> _Your objective_
Transcribe the stretch of entries below from the line with "s.files ≡ o" through the line with "closed fd s (some", exactly and with both ends included; leave out all other lines.

━━━ Exercise inputs ━━━

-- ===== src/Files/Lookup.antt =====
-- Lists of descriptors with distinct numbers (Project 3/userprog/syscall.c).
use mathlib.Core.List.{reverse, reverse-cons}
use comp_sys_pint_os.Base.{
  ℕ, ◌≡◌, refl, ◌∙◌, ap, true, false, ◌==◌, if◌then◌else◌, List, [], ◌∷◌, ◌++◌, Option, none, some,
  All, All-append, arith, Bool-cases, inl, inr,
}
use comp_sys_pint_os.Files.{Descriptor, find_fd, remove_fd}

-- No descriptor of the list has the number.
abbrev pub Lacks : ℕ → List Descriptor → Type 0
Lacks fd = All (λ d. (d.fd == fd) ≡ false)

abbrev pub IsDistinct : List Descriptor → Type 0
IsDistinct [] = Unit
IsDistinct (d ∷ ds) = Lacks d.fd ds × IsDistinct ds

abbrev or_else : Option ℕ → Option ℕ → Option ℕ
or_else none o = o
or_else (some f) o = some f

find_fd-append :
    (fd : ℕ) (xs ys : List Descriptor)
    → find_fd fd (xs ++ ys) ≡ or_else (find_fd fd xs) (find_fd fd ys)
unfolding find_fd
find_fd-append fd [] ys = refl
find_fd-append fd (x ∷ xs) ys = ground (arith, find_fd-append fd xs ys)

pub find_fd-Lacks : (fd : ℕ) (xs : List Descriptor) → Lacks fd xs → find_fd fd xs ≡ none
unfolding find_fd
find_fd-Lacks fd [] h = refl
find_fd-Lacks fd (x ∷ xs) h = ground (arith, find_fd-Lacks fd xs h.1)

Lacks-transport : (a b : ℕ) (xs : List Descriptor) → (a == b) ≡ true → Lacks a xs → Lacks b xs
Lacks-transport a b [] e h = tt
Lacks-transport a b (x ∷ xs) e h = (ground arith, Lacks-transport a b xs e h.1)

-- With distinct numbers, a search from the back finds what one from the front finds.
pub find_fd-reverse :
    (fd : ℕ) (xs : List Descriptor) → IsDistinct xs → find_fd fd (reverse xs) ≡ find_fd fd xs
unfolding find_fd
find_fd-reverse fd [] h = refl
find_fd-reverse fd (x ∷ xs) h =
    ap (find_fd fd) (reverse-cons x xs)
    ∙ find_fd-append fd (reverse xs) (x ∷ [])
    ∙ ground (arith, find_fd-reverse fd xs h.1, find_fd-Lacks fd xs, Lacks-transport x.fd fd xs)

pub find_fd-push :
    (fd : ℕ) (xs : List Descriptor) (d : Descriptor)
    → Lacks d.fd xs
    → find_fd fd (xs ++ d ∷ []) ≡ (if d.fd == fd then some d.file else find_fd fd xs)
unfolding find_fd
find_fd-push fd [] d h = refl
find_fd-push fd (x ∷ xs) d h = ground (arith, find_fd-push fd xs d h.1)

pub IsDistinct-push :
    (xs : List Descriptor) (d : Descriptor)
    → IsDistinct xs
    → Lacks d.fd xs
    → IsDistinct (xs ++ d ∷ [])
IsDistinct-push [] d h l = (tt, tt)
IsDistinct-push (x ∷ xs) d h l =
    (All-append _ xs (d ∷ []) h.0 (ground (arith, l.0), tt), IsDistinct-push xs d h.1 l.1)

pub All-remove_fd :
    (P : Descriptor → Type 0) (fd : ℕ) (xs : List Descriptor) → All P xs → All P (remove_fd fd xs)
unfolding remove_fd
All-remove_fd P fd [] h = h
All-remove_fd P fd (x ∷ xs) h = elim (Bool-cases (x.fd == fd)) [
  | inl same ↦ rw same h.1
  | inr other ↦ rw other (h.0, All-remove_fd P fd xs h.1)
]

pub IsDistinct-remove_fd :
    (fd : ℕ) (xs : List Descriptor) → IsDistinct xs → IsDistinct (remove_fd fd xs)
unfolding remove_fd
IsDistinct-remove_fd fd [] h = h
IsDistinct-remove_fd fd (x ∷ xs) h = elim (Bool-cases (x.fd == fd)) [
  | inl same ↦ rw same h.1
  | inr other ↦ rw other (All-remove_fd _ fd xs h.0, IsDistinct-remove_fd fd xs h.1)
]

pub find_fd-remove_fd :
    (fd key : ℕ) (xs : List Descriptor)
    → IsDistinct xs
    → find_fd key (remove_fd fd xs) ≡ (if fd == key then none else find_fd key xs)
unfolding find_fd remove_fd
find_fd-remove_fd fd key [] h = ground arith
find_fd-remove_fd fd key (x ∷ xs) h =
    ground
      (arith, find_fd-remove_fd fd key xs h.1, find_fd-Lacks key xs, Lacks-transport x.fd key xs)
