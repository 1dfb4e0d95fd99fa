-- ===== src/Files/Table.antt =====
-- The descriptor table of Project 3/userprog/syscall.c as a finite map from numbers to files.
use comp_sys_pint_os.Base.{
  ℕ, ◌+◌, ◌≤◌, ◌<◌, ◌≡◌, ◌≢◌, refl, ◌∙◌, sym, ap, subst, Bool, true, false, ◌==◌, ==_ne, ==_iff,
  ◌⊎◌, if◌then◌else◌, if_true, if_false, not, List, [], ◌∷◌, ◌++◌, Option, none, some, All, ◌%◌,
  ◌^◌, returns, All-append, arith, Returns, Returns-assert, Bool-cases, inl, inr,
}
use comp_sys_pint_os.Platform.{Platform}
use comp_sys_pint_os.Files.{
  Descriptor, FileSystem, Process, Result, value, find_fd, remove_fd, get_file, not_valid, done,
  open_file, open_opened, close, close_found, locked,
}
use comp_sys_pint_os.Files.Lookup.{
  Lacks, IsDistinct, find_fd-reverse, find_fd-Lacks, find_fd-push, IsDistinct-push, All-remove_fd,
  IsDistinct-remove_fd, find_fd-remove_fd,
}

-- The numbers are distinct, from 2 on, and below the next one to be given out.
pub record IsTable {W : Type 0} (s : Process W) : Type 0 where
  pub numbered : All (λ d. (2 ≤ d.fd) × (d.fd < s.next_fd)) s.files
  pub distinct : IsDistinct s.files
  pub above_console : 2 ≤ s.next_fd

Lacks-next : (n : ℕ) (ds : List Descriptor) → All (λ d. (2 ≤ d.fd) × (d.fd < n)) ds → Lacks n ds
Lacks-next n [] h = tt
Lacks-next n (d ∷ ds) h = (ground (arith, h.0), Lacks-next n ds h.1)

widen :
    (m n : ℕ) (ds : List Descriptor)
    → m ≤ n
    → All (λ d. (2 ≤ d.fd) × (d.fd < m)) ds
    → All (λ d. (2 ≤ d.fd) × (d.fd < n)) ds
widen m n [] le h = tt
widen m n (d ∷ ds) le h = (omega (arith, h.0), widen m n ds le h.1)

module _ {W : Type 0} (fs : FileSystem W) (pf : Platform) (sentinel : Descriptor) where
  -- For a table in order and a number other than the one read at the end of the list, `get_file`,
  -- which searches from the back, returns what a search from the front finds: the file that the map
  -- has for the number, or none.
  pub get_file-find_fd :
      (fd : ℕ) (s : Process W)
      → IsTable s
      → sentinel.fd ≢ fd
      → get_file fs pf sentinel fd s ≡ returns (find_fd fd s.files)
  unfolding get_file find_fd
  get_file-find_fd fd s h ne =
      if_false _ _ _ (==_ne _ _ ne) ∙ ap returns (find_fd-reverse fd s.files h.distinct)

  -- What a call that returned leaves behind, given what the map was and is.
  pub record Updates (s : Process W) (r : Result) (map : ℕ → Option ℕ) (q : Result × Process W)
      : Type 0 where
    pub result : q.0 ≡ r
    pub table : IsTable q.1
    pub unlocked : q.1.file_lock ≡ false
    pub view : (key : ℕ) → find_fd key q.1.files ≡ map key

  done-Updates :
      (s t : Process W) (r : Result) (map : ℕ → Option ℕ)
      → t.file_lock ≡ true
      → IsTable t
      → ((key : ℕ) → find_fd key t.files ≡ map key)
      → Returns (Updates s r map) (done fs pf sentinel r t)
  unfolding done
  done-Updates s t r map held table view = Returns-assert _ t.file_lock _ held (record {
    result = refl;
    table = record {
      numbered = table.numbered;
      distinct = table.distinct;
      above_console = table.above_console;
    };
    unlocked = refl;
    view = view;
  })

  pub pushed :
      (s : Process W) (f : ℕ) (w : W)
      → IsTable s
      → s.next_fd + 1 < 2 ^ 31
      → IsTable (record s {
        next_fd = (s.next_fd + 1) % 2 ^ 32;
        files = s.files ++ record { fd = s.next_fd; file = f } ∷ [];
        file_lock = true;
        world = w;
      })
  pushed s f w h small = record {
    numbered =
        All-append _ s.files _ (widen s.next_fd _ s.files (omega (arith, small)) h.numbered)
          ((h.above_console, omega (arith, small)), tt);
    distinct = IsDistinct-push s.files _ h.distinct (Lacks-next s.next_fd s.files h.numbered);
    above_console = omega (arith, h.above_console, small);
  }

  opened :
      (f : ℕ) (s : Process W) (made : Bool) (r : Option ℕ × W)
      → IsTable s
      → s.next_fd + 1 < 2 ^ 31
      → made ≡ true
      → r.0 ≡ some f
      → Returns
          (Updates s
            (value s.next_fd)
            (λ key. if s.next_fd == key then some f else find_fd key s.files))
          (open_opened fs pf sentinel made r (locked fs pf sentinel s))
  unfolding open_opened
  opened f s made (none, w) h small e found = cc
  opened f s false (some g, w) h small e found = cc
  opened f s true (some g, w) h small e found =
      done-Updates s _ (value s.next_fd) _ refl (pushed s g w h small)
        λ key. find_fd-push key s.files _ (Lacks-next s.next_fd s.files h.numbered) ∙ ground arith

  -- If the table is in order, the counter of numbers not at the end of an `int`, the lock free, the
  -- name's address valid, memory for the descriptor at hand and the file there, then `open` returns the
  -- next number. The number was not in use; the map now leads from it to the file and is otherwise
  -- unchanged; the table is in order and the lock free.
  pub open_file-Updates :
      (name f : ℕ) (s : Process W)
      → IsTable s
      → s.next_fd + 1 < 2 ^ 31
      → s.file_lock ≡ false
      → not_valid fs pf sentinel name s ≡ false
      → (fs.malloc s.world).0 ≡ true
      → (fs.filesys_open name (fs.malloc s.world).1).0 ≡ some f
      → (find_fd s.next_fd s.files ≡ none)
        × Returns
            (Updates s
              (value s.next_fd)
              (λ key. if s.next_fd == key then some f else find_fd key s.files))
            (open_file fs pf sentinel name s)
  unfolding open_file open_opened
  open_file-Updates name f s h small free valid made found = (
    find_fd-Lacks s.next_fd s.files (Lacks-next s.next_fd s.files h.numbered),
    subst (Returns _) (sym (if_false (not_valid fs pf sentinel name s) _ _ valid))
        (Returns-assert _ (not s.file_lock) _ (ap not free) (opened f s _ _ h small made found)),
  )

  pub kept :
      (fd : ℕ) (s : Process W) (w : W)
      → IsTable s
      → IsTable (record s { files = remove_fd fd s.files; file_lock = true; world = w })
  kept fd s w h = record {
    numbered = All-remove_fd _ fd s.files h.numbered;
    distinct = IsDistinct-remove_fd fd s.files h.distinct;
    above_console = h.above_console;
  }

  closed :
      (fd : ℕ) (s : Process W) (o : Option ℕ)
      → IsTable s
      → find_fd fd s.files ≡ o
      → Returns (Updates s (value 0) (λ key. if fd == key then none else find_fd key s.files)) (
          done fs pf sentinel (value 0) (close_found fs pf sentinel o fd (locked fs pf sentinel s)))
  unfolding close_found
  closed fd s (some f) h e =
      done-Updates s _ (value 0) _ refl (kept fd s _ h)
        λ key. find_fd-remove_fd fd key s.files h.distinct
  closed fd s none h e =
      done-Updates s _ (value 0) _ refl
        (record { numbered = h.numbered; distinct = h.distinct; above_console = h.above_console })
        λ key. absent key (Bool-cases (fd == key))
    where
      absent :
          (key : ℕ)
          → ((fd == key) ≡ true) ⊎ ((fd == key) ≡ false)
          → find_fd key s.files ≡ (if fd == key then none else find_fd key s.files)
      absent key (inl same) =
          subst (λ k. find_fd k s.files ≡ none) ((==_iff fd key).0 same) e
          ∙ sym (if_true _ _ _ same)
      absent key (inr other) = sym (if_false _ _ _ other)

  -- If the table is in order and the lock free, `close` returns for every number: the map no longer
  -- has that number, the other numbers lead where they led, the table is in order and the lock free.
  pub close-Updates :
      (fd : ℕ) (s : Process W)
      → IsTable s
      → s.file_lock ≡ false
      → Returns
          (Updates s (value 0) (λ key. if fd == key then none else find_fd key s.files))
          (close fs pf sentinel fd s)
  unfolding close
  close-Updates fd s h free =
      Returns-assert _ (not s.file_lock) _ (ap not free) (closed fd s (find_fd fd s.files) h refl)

━━━
━━━ Exercise inputs ━━━

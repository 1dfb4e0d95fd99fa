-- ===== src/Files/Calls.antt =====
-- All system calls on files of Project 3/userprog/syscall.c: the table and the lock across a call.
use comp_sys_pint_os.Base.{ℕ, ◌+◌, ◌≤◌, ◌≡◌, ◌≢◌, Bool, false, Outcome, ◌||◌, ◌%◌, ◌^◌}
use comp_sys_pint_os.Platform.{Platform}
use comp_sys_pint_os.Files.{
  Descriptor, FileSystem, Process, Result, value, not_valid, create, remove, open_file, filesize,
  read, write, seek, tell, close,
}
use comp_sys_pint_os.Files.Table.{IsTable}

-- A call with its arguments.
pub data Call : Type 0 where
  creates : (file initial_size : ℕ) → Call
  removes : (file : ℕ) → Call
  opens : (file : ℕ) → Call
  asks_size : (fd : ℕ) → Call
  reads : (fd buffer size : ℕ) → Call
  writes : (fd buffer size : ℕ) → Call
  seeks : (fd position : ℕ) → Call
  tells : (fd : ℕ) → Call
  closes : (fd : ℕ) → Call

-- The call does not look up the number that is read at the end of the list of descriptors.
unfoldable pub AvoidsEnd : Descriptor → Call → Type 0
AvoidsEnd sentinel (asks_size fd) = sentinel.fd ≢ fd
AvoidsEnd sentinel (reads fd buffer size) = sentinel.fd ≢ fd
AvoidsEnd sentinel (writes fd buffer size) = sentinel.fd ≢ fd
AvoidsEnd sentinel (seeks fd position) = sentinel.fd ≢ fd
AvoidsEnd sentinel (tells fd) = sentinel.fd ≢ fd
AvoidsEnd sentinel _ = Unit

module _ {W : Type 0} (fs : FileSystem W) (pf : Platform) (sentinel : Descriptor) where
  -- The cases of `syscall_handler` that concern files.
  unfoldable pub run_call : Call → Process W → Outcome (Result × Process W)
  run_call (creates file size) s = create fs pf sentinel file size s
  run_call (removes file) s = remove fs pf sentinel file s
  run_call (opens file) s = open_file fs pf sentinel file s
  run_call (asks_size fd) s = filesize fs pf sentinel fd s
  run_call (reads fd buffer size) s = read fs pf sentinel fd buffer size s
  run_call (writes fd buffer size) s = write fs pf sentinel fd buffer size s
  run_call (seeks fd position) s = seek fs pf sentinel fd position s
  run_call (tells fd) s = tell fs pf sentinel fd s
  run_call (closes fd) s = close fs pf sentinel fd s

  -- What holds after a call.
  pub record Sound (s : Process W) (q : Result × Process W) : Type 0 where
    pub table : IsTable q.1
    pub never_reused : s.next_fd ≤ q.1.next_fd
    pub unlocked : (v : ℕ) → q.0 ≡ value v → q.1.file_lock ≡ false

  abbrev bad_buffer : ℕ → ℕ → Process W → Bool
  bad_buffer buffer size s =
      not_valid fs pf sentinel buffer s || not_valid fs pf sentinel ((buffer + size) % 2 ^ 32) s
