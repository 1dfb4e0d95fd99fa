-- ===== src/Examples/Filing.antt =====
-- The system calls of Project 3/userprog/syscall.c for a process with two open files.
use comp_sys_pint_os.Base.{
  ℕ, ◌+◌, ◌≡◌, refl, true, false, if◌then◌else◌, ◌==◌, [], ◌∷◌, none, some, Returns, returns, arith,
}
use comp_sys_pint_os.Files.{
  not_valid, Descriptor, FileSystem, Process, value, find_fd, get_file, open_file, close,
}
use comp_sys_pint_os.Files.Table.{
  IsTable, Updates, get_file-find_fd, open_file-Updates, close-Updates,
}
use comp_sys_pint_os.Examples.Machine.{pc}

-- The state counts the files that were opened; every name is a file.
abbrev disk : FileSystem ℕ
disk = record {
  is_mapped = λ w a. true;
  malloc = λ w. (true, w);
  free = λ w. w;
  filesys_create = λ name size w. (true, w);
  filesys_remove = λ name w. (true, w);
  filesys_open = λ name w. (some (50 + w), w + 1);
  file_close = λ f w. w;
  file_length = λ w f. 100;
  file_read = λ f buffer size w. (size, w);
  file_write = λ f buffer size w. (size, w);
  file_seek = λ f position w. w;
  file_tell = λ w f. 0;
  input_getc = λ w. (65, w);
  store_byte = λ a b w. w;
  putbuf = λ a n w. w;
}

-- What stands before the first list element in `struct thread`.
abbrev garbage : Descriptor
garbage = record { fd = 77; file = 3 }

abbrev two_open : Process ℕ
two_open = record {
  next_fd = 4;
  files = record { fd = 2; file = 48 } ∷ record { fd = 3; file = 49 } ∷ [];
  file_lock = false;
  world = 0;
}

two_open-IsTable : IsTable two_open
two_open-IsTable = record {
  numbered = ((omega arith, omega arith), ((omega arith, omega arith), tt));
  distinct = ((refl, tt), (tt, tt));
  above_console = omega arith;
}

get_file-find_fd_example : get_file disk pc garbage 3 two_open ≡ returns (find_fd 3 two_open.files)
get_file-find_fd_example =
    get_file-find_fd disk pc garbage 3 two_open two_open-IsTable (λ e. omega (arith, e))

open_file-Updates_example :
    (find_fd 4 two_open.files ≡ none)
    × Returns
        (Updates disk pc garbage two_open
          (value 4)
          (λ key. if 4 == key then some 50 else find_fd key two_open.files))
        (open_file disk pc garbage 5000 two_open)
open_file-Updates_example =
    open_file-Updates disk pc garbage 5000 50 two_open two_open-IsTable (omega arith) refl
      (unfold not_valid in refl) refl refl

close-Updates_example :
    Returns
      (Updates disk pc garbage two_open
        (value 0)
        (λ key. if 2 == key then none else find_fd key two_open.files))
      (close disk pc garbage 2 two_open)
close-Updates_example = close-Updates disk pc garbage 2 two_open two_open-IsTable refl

━━━

> _Task output_
      → find_fd fd s.files ≡ o
      → Returns (Updates s (value 0) (λ key. if fd == key then none else find_fd key s.files)) (
          done fs pf sentinel (value 0) (close_found fs pf sentinel o fd (locked fs pf sentinel s)))
  unfolding close_found
  closed fd s (some f) h e =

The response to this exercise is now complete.